• YOUR INSTRUCTIONS:
Of the lines below, write out exactly those from the line with "no_trailer : Text → Option ℕ → GrpcFault" through the line with "filename src/Arrow.antt", both included, and skip the rest.
====== RECORDED DATA
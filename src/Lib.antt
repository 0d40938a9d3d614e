-- ===== src/Lib.antt =====
-- A model of pyspark-connect-web, the PySpark Connect client that runs in the browser.
--
-- PySpark talks gRPC, and a browser has neither sockets nor grpcio. The package patches PySpark
-- so that a connection string of the web scheme leads to a stub that speaks grpc-web over a
-- blocking channel, and decodes the Arrow batches of the answers. The parts, in the order in
-- which a query meets them:
--
--   * pyspark_connect_web/patch.py checks PySpark's version, rewrites https://, http:// and
--     sc:// strings, and replaces the channel builder's constructor and toChannel and the stub
--     class. Patch.Version has _parse_major_minor and check_pyspark_version, Patch.Url has
--     _is_web_url and _normalize_web_url, Patch.Hooks the factories and the functions that
--     install puts in place, and Patch.Install the state that install and uninstall change.
--   * pyspark_connect_web/transport/grpcweb.py, class GrpcWebStub, makes HTTP calls of gRPC
--     calls. Client has the constructor, the methods and the three kinds of call; Stub has the
--     headers, the check of the status, the decoding of a unary body and the reassembly of a
--     streamed one.
--   * pyspark_connect_web/_contract.py is the seam between stub and channel: Contract.
--   * pyspark_connect_web/worker/sab_channel.py, class SabSyncChannel, is the channel in the
--     browser. Sab has the channel over any backend. Its own backend, class _AtomicsBackend,
--     shares memory with the main thread: Sab.Memory is the memory, Sab.Window the reading of a
--     response window, Sab.Machine the waits, Sab.Atomics the request and a unary call,
--     Sab.Atomics.Start the constructor, and Sab.Streams a stream.
--   * pyspark_connect_web/worker/kernel_bootstrap.py checks that the worker can use the
--     channel: Sab.Kernel.
--   * pyspark_connect_web/worker/bridge.js, class Bridge, is the main thread's side of that
--     memory: Sab.Bridge. Sab.Transfer has the payloads that go from one side to the other, and
--     Sab.Protocol the two threads as one system, whose steps interleave
--     (Sab.Protocol.Regions: the messages by which a larger region reaches the bridge).
--   * pyspark_connect_web/transport/framing.py frames messages and trailers: Framing.
--   * pyspark_connect_web/arrow/results.py puts chunked Arrow batches together and decodes
--     them: Arrow, and Arrow.Decode for the frame. Arrow.Local is the other direction, the
--     encoding of a local frame.
--   * pyspark_connect_web/_grpc_shim.py registers stub modules where grpcio is missing, so that
--     PySpark can be imported: Shim, and Shim.Stubs for their attributes. Stub.Retry has the error
--     that grpcweb.py makes of them for PySpark's retries.
--   * scripts/validate_deploy.py checks the deployment files before a release: Deploy.
--
-- Prelude has the shared names, tests and lemmas on lists, and Prelude.Results the outcomes:
-- `Result` is what a call returns or raises, and `Gen` is the run of a generator, which yields
-- and then stops or raises. Text models what the package uses of str and bytes (a str is the
-- list of its code points, bytes are the list of their values), and Dict is Python's dict with
-- str keys. Messages of exceptions are kept as the values that they print.
--
-- State. The generators of grpcweb.py keep a buffer and flags (`StreamState`), the loop of
-- results.py keeps batches, schema, buffered chunks and a row count (`Reassembly`), and patch.py
-- keeps the replaced attributes with their originals (`World`). Each operation takes the state
-- and gives the next one; a channel's operations take and return a state of the channel's own.
-- The state of the shared-memory backend is `World` of Sab.Machine: the memory, what the worker
-- knows of it, what it has posted, and a script of what the main thread will do. The worker parks
-- while it waits for the main thread, and the script has what the main thread writes while the
-- worker is parked: each event is a change of the memory that ends or prolongs one wait, or the end
-- of a wait by its timeout. A script that is too short leaves the worker parked (`blocked`). A
-- control word is its 32 bits, and a load reads it as a signed number. Sab.Protocol leaves the bytes
-- out and has every order of steps: a step is that of one thread from one access of the state word
-- to the next, or a timeout of the worker's wait. A response is known there by the generation of
-- the request that it answers. Sab.Protocol.Refinement relates the two: the stores of the memory
-- model are those of the steps. The bridge reads a request from the buffer that it has attached
-- (`View` of Sab.Bridge), which after a growth need not be the worker's; its writes are modelled
-- where it has the worker's buffer.
--
-- Loops. iter_frames reads at least the five bytes of a header in every round, and its loop runs
-- on fuel that is the length of the data and one more; the inner loop of _stream_responses
-- consumes the same at the front of the buffer and has the buffer's length as fuel. Both loops
-- are shown to end for another reason than fuel by the statements on their whole runs. The loop
-- that doubles the capacity has the wanted size as fuel, the windows of a message have one round
-- more than the message has bytes, and their reassembly has one round more than the script has
-- events, each round taking at least one. The other loops follow their input's structure.
--
-- Not under the repository, and so parameters: protobuf's serializer and parser (`Codec`), the
-- channel of a stub (`SyncChannel`) and the backend of the browser's channel (`SyncBackend`),
-- JSON texts (`Json`), pyarrow (`PyArrow`), pandas (`Frames`), PySpark's own classes (`Host`),
-- and the tables of the Python runtime for characters beyond ASCII (`Unicode`). str.strip,
-- str.split, dict and UTF-8 are written out.
--
-- Not modelled: fetch itself, which pyspark_connect_web/worker/bridge.js calls, and the scripts
-- that start Pyodide; the conversion of posted messages to JavaScript objects; of the classes inside
-- the stub modules, anything but their names and the members of the enumerations; the __init__.py
-- files, which re-export names; and the demo notebook and the examples, which only use the package.
pub mod Prelude
pub mod Text
pub mod Dict
pub mod Framing
pub mod Contract
pub mod Stub
pub mod Client
pub mod Arrow
pub mod Patch
pub mod Shim
pub mod Deploy
pub mod Sab
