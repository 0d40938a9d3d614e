-- ===== src/Prelude/Results.antt =====
-- Python's exceptions as values: a call's outcome, and a generator's run.
-- `Exn` names the exceptions that the package raises or handles; an exception keeps what its
-- message is made from. `foreign` stands for one that a library call raises.
use Prim.Native.Nat.{ℕ}
use pyspark_client_wasm.Prelude.Int.{ℤ}
use mathlib.Core.Path.{◌≡◌, refl}
use mathlib.Core.Option.{Option}
use mathlib.Core.List.{List, [], ◌∷◌, ◌++◌}

-- bytes, and str as its code points
abbrev pub Bytes : Type 0
Bytes = List ℕ

abbrev pub Text : Type 0
Text = List ℕ

-- The faults for which transport/grpcweb.py raises SparkConnectGrpcException.
pub data GrpcFault : Type 0 where
  no_trailer : Text → Option ℕ → GrpcFault
  no_status : Text → GrpcFault
  bad_status : Text → Text → GrpcFault
  no_message : Text → GrpcFault
  compressed : Text → GrpcFault

pub data Exn : Type 0 where
  truncated_header : ℕ → ℕ → Exn
  truncated_body : ℕ → ℕ → ℕ → Exn
  compressed_frame : Exn
  chunk_out_of_order : ℕ → ℤ → Exn
  chunk_not_first : ℤ → Exn
  offset_gap : ℕ → ℤ → Exn
  row_mismatch : ℤ → ℕ → Exn
  truncated_result : ℕ → Exn
  struct_error : Exn
  unicode_error : ℕ → Exn
  grpc_fault : GrpcFault → Exn
  unavailable : Text → Exn → Exn
  transport_error : Text → Exn
  transport_timeout : Text → Exn
  transport_aborted : Text → Exn
  unsupported_pyspark : Option Text → Exn
  foreign : Text → Exn

pub data Result {ℓ} (A : Type ℓ) : Type ℓ where
  ok : A → Result A
  err : Exn → Result A

-- What a generator does when it is driven to its end: it yields, and stops or raises.
pub data Gen {ℓ} (A : Type ℓ) : Type ℓ where
  stop : Gen A
  raise : Exn → Gen A
  emit : A → Gen A → Gen A

module _ {ℓ κ} {A : Type ℓ} {B : Type κ} where
  -- An exception skips what comes next.
  infixl 5 ◌>>=◌
  abbrev pub ◌>>=◌ : Result A → (A → Result B) → Result B
  err raised >>= next = err raised
  ok value >>= next = next value

  -- Where a block returns, its first step returned, and so did the rest of it.
  pub >>=-eq-ok :
      (first : Result A) (next : A → Result B) {result : B}
      → (first >>= next) ≡ ok result
      → (value : A) × (first ≡ ok value) × (next value ≡ ok result)
  >>=-eq-ok (err raised) next h = cc
  >>=-eq-ok (ok value) next h = (value, refl, h)

pub ok-injective {ℓ} : {A : Type ℓ} {x y : A} → ok x ≡ ok y → x ≡ y
ok-injective h = cc

module _ {ℓ} {A : Type ℓ} where
  -- The values that a generator yields before a further one goes on.
  abbrev pub emits : List A → Gen A → Gen A
  emits [] g = g
  emits (x ∷ xs) g = emit x (emits xs g)

  pub emits-append : (xs ys : List A) (g : Gen A) → emits (xs ++ ys) g ≡ emits xs (emits ys g)
  emits-append [] ys g = refl
  emits-append (x ∷ xs) ys g = λ i. emit x (emits-append xs ys g i)
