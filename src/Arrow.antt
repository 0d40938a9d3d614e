-- ===== src/Arrow.antt =====
-- arrow/results.py: the reassembly of chunked Arrow batches, and the decoding into a frame.
-- pyarrow and pandas are parameters: `open_stream` reads an IPC stream to its end.
pub mod Served
pub mod Skip
pub mod Accepted
pub mod Rows
pub mod Decode
pub mod Local
pub mod Tests
use pyspark_client_wasm.Prelude.{
  ℕ, ◌+◌, Bool, ◌||◌, Option, none, some, List, [], ◌∷◌, ◌++◌, if◌then◌else◌, length, join, Bytes,
  chunk_out_of_order, chunk_not_first, offset_gap, row_mismatch, truncated_result, ℤ, pos, is_nat,
  Result, ok, err, Gen, stop, raise, emit, ◌>>=◌,
}

-- The ArrowBatch message: a field is none where the message has no such field, or where it is an
-- optional field that is not set. chunk_index and row_count are read without HasField.
pub record ArrowBatch : Type 0 where
  pub content : Bytes
  pub chunk_index : Option ℤ
  pub num_chunks_in_batch : Option ℤ
  pub start_offset : Option ℤ
  pub row_count : Option ℤ

-- int(getattr(msg, name, d) or d)
abbrev or_default : Option ℤ → ℕ → ℤ
or_default none d = pos d
or_default (some i) d = if is_nat i 0 then pos d else i

unfoldable pub chunk_index_of : ArrowBatch → ℤ
chunk_index_of ab = or_default ab.chunk_index 0

unfoldable pub num_chunks_of : ArrowBatch → ℤ
num_chunks_of ab = or_default ab.num_chunks_in_batch 0

-- What pyarrow's reader gives for an IPC stream.
pub record Ipc (Schema Batch : Type 0) : Type 0 where
  pub schema : Schema
  pub batches : List Batch

-- pyarrow, as far as the reassembly calls it.
pub record PyArrow (Schema Batch : Type 0) : Type 0 where
  pub open_stream : Bytes → Result (Ipc Schema Batch)
  pub num_rows : Batch → ℕ

-- The variables of the loop of _reassemble.
pub record Reassembly (Schema Batch : Type 0) : Type 0 where
  pub batches : List Batch
  pub schema : Option Schema
  pub pending : List Bytes
  pub num_records : ℕ

-- Whether a batch may start at the row that the server reports.
check_offset : Option ℤ → ℕ → Result (Unit {0})
check_offset none n = ok tt
check_offset (some o) n = if is_nat o n then ok tt else err (offset_gap n o)

-- The position of a chunk: the next one of the batch, or the first one of a new batch.
pub check_chunk : List Bytes → ArrowBatch → ℕ → Result (Unit {0})
unfolding chunk_index_of check_offset
check_chunk [] ab n =
    if is_nat (chunk_index_of ab) 0
    then check_offset ab.start_offset n
    else err (chunk_not_first (chunk_index_of ab))
check_chunk pending ab n =
    if is_nat (chunk_index_of ab) (length pending)
    then ok tt
    else err (chunk_out_of_order (length pending) (chunk_index_of ab))

pub is_complete : ℕ → ℤ → Bool
is_complete n num_chunks = is_nat num_chunks 0 || is_nat num_chunks n

pub ipc_bytes : List Bytes → Bytes
ipc_bytes (bs ∷ []) = bs
ipc_bytes pending = join pending

module _ {Schema Batch : Type 0} (pa : PyArrow Schema Batch) where
  unfoldable pub rows_in : List Batch → ℕ
  rows_in [] = 0
  rows_in (rb ∷ rbs) = pa.num_rows rb + rows_in rbs

  abbrev first_schema : Option Schema → Schema → Option Schema
  first_schema none s = some s
  first_schema (some s) _ = some s

  -- All chunks of a batch are there: decode them, and compare with the declared row count.
  pub complete_batch :
      Reassembly Schema Batch → List Bytes → Option ℤ → Result (Reassembly Schema Batch)
  unfolding ipc_bytes rows_in
  complete_batch st pending row_count = do
    ipc ← pa.open_stream (ipc_bytes pending)
    let rows = rows_in ipc.batches
    let declared = or_default row_count rows
    if is_nat declared rows
        then ok (record {
          batches = st.batches ++ ipc.batches;
          schema = first_schema st.schema ipc.schema;
          pending = [];
          num_records = st.num_records + rows;
        })
        else err (row_mismatch declared rows)

  -- One response that carries an arrow batch.
  pub step : Reassembly Schema Batch → ArrowBatch → Result (Reassembly Schema Batch)
  unfolding check_chunk is_complete num_chunks_of complete_batch
  step st ab = do
    _ ← check_chunk st.pending ab st.num_records
    let pending = st.pending ++ ab.content ∷ []
    if is_complete (length pending) (num_chunks_of ab)
        then complete_batch st pending ab.row_count
        else ok (record st { pending = pending })

  -- Behind the loop: no chunk may be left.
  finish_with : Reassembly Schema Batch → List Bytes → Result (List Batch × Option Schema)
  finish_with st [] = ok (st.batches, st.schema)
  finish_with st pending = err (truncated_result (length pending))

  finish : Reassembly Schema Batch → Result (List Batch × Option Schema)
  unfolding finish_with
  finish st = finish_with st st.pending

  -- A response with no arrow batch is skipped.
  pub run : Gen (Option ArrowBatch) → Reassembly Schema Batch → Result (List Batch × Option Schema)
  unfolding finish
  run stop st = finish st
  run (raise e) st = err e
  run (emit none rest) st = run rest st
  run (emit (some ab) rest) st = step st ab >>= run rest

  abbrev start : Reassembly Schema Batch
  start = record { batches = []; schema = none; pending = []; num_records = 0 }

  pub reassemble : Gen (Option ArrowBatch) → Result (List Batch × Option Schema)
  reassemble responses = run responses start

  pub reassemble_record_batches : Gen (Option ArrowBatch) → Result (List Batch)
  reassemble_record_batches responses = do (batches, _) ← reassemble responses; ok batches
============
• OUTPUT FOR THIS EXERCISE:
  no_trailer : Text → Option ℕ → GrpcFault
  no_status : Text → GrpcFault
  bad_status : Text → Text → GrpcFault
  no_message : Text → GrpcFault
  compressed : Text → GrpcFault

pub data Exn : Type 0 where
  truncated_header : ℕ → ℕ → Exn
  truncated_body : ℕ → ℕ → ℕ → Exn
  compressed_frame : Exn
  chunk_out_of_order : ℕ → ℤ → Exn
  chunk_not_first : ℤ → Exn
  offset_gap : ℕ → ℤ → Exn
  row_mismatch : ℤ → ℕ → Exn
  truncated_result : ℕ → Exn
  struct_error : Exn
  unicode_error : ℕ → Exn
  grpc_fault : GrpcFault → Exn
  unavailable : Text → Exn → Exn
  transport_error : Text → Exn
  transport_timeout : Text → Exn
  transport_aborted : Text → Exn
  unsupported_pyspark : Option Text → Exn
  foreign : Text → Exn

pub data Result {ℓ} (A : Type ℓ) : Type ℓ where
  ok : A → Result A
  err : Exn → Result A

-- What a generator does when it is driven to its end: it yields, and stops or raises.
pub data Gen {ℓ} (A : Type ℓ) : Type ℓ where
  stop : Gen A
  raise : Exn → Gen A
  emit : A → Gen A → Gen A

module _ {ℓ κ} {A : Type ℓ} {B : Type κ} where
  -- An exception skips what comes next.
  infixl 5 ◌>>=◌
  abbrev pub ◌>>=◌ : Result A → (A → Result B) → Result B
  err raised >>= next = err raised
  ok value >>= next = next value

  -- Where a block returns, its first step returned, and so did the rest of it.
  pub >>=-eq-ok :
      (first : Result A) (next : A → Result B) {result : B}
      → (first >>= next) ≡ ok result
      → (value : A) × (first ≡ ok value) × (next value ≡ ok result)
  >>=-eq-ok (err raised) next h = cc
  >>=-eq-ok (ok value) next h = (value, refl, h)

pub ok-injective {ℓ} : {A : Type ℓ} {x y : A} → ok x ≡ ok y → x ≡ y
ok-injective h = cc

module _ {ℓ} {A : Type ℓ} where
  -- The values that a generator yields before a further one goes on.
  abbrev pub emits : List A → Gen A → Gen A
  emits [] g = g
  emits (x ∷ xs) g = emit x (emits xs g)

  pub emits-append : (xs ys : List A) (g : Gen A) → emits (xs ++ ys) g ≡ emits xs (emits ys g)
  emits-append [] ys g = refl
  emits-append (x ∷ xs) ys g = λ i. emit x (emits-append xs ys g i)
filename src/Arrow.antt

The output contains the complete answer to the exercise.